The SaaS giant said that it had been tracking an increase in threat actor activity targeting misconfigurations of publicly accessible sites built using its Experience Cloud platform.

“Specifically, we have identified a campaign in which malicious actors are exploiting customers’ overly permissive Experience Cloud guest user configurations to potentially access more data than targeted organizations intended,” it explained.

The group has been using a customized version of an open source tool originally developed by Mandiant (Aura Inspector) to perform mass scanning of the /s/sfsites/aura API endpoint. The tool apparently identifies vulnerable CRM objects and extracts data from misconfigured endpoints, Salesforce said.

“Data harvested in these scans, such as names and phone numbers, is often used to build follow-on targeted social engineering and vishing (voice phishing) campaigns,” it continued.

Read more on ShinyHunters campaigns: New Data Theft Campaign Targets Salesforce via Salesloft App.

Salesforce was at pains to point out that the threat actors are exploiting a “customer-configured guest user setting, not a platform security flaw.”

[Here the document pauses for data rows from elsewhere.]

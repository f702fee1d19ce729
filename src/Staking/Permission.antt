-- ===== src/Staking/Permission.antt =====
-- The signer that each guarded instruction asks for.
use rise_protocol.Prelude.{ℕ, ◌≡◌, ok, arith, Option, bind-eq_ok, or_fault, uninitialized}
use rise_protocol.Solana.{Pubkey, Runtime}
use rise_protocol.Staking.State.{GlobalPool, ProtocolTreasury, StakeRewardsConfig}
use rise_protocol.Staking.Cdp.{MintForCdp, mint_for_cdp, set_cdp_config, notify_rise_sol_burned}
use rise_protocol.Staking.Treasury.{
  update_treasury_config, RegisterExternalRevenue, register_external_revenue, WithdrawReserve,
  withdraw_reserve, WithdrawTreasuryForCdpBuyback, withdraw_treasury_for_cdp_buyback,
}
use rise_protocol.Staking.Rewards.{
  InitializeStakeRewards, initialize_stake_rewards, CloseStakeRewards, close_stake_rewards,
}
use rise_protocol.Staking.World.{
  World, Addresses, Instruction, configures_treasury, registers_revenue, notifies_burn,
  sets_cdp_config, withdraws_for_buyback, mints_for_cdp, initializes_rewards, closes_rewards,
  withdraws_reserve, check_absent,
}
use rise_protocol.Staking.Process.{process}

-- The authority of the pool or of the treasury, or the registered CDP config, signs what is theirs.
abbrev pub IsPermitted : {B : Type 0} → World B → Instruction → Type 0
IsPermitted w (configures_treasury authority _ _ _) = authority ≡ w.treasury.authority
IsPermitted w (withdraws_reserve authority _ _) = authority ≡ w.treasury.authority
IsPermitted w (sets_cdp_config authority _) = authority ≡ w.pool.authority
IsPermitted w (initializes_rewards authority _ _ _) = authority ≡ w.pool.authority
IsPermitted w (closes_rewards authority _) = authority ≡ w.pool.authority
IsPermitted w (registers_revenue cdp_config _ _ _) = cdp_config ≡ w.pool.cdp_config_pubkey
IsPermitted w (notifies_burn cdp_config _) = cdp_config ≡ w.pool.cdp_config_pubkey
IsPermitted w (withdraws_for_buyback cdp_config _ _) = cdp_config ≡ w.pool.cdp_config_pubkey
IsPermitted w (mints_for_cdp cdp_config _ _ _) = cdp_config ≡ w.pool.cdp_config_pubkey
IsPermitted w _ = Unit {0}

update_treasury_config-authority :
    (a : Pubkey) (wallet : Option Pubkey) (fee share : Option ℕ) (t t' : ProtocolTreasury)
    → update_treasury_config a wallet fee share t ≡ ok t'
    → a ≡ t.authority
unfolding update_treasury_config
update_treasury_config-authority a wallet fee share t t' h = ground arith

set_cdp_config-authority :
    (a k : Pubkey) (p p' : GlobalPool) → set_cdp_config a k p ≡ ok p' → a ≡ p.authority
unfolding set_cdp_config
set_cdp_config-authority a k p p' h = ground arith

notify_rise_sol_burned-signer :
    (c : Pubkey) (n : ℕ) (p p' : GlobalPool)
    → notify_rise_sol_burned c n p ≡ ok p'
    → c ≡ p.cdp_config_pubkey
unfolding notify_rise_sol_burned
notify_rise_sol_burned-signer c n p p' h = ground arith

module _ {B : Type 0} (rt : Runtime B) where
  register_external_revenue-signer :
      (g : Pubkey) (a : RegisterExternalRevenue) (v r : ℕ) (b : B) (t' : ProtocolTreasury)
      → register_external_revenue rt g a v r b ≡ ok t'
      → a.cdp_config ≡ a.global_pool.cdp_config_pubkey
  unfolding register_external_revenue
  register_external_revenue-signer g a v r b t' h = ground arith

  withdraw_reserve-authority :
      (a : WithdrawReserve) (n : ℕ) (b : B) (r : ProtocolTreasury × B)
      → withdraw_reserve rt a n b ≡ ok r
      → a.authority ≡ a.treasury.authority
  unfolding withdraw_reserve
  withdraw_reserve-authority a n b r h = ground arith

  withdraw_treasury_for_cdp_buyback-signer :
      (a : WithdrawTreasuryForCdpBuyback) (n : ℕ) (b : B) (r : ProtocolTreasury × B)
      → withdraw_treasury_for_cdp_buyback rt a n b ≡ ok r
      → a.cdp_config ≡ a.global_pool.cdp_config_pubkey
  unfolding withdraw_treasury_for_cdp_buyback
  withdraw_treasury_for_cdp_buyback-signer a n b r h = ground arith

  mint_for_cdp-signer :
      (a : MintForCdp) (n : ℕ) (b b' : B)
      → mint_for_cdp rt a n b ≡ ok b'
      → a.cdp_config ≡ a.global_pool.cdp_config_pubkey
  unfolding mint_for_cdp
  mint_for_cdp-signer a n b b' h = ground arith

  initialize_stake_rewards-authority :
      (a : InitializeStakeRewards) (e s : ℕ) (b : B) (c : StakeRewardsConfig)
      → initialize_stake_rewards rt a e s b ≡ ok c
      → a.authority ≡ a.pool.authority
  unfolding initialize_stake_rewards
  initialize_stake_rewards-authority a e s b c h = ground arith

  close_stake_rewards-authority :
      (a : CloseStakeRewards) (b b' : B)
      → close_stake_rewards rt a b ≡ ok b'
      → a.authority ≡ a.pool.authority
  unfolding close_stake_rewards
  close_stake_rewards-authority a b b' h = ground arith

module _ {B : Type 0} (rt : Runtime B) (addr : Addresses) (w w' : World B) where
  -- A guarded instruction succeeds only with its signer: the treasury's settings and its reserve want
  -- the treasury's authority; registering the CDP config, and opening and closing the rewards, want
  -- the pool's; and the four instructions for the CDP program want the config that was registered.
  pub process-IsPermitted : (i : Instruction) → process rt addr w i ≡ ok w' → IsPermitted w i
  unfolding process
  process-IsPermitted (configures_treasury a t f s) h =
      let (_, run, _) = bind-eq_ok _ _ h in
      update_treasury_config-authority a t f s w.treasury _ run
  process-IsPermitted (withdraws_reserve a d n) h =
      let (_, run, _) = bind-eq_ok _ _ h in withdraw_reserve-authority rt _ n w.bank _ run
  process-IsPermitted (sets_cdp_config a k) h =
      let (_, run, _) = bind-eq_ok _ _ h in set_cdp_config-authority a k w.pool _ run
  process-IsPermitted (initializes_rewards a m e s) h =
      let (_, _, h1) = bind-eq_ok (check_absent w.config) _ h in
      let (_, run, _) = bind-eq_ok _ _ h1 in
      initialize_stake_rewards-authority rt _ e s w.bank _ run
  process-IsPermitted (closes_rewards a k) h =
      let (_, _, h1) = bind-eq_ok (or_fault w.config uninitialized) _ h in
      let (_, run, _) = bind-eq_ok _ _ h1 in close_stake_rewards-authority rt _ w.bank _ run
  process-IsPermitted (registers_revenue c g v r) h =
      let (_, run, _) = bind-eq_ok _ _ h in
      register_external_revenue-signer rt addr.governance_program_id _ v r w.bank _ run
  process-IsPermitted (notifies_burn c n) h =
      let (_, run, _) = bind-eq_ok _ _ h in notify_rise_sol_burned-signer c n w.pool _ run
  process-IsPermitted (withdraws_for_buyback c v n) h =
      let (_, run, _) = bind-eq_ok _ _ h in
      withdraw_treasury_for_cdp_buyback-signer rt _ n w.bank _ run
  process-IsPermitted (mints_for_cdp c m r n) h =
      let (_, run, _) = bind-eq_ok _ _ h in mint_for_cdp-signer rt _ n w.bank _ run
  process-IsPermitted _ h = tt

ShinyHunters Gives a Final Warning

The infamous ShinyHunters group has claimed responsibility for the campaign. In screenshots from its leak site published on X (formerly Twitter) it claimed to have breached “several hundreds” of companies.

It claims to have compromised around 400 websites and 100 “high-profile companies."

That would suggest that it did indeed use the contact details cited by Salesforce and obtained via the website intrusions in order to perform follow-on social engineering, network intrusions and wider data theft.

Salesforce Urges Immediate Action

Salesforce claimed that any Experience Cloud customers that are using the guest user profile and have configured permissions “to allow public access to objects and fields not intended to be publicly available” could be affected.

It urged these customers to:

  • Audit guest user permissions and enforce a least privilege access model to ensure these profiles are restricted to the “absolute minimum” objects and fields needed for the site to function
  • Ensure the Default External Access for all objects is set to “private”
  • Uncheck “Allow guest users to access public APIs” in site settings and uncheck “API Enabled” in the guest user profile’s System Permissions
  • Uncheck “Portal User Visibility” and “Site User Visibility” in Sharing Settings to stop guest users from enumerating internal organization members
  • If the site does not require unauthenticated visitors to create their own accounts, disable self-registration
  • Review Aura Event Monitoring logs for unusual access patterns 

​ShinyHunters has a long track record of going after Salesforce customers, having targeted their instances on multiple occasions in connected campaigns last year.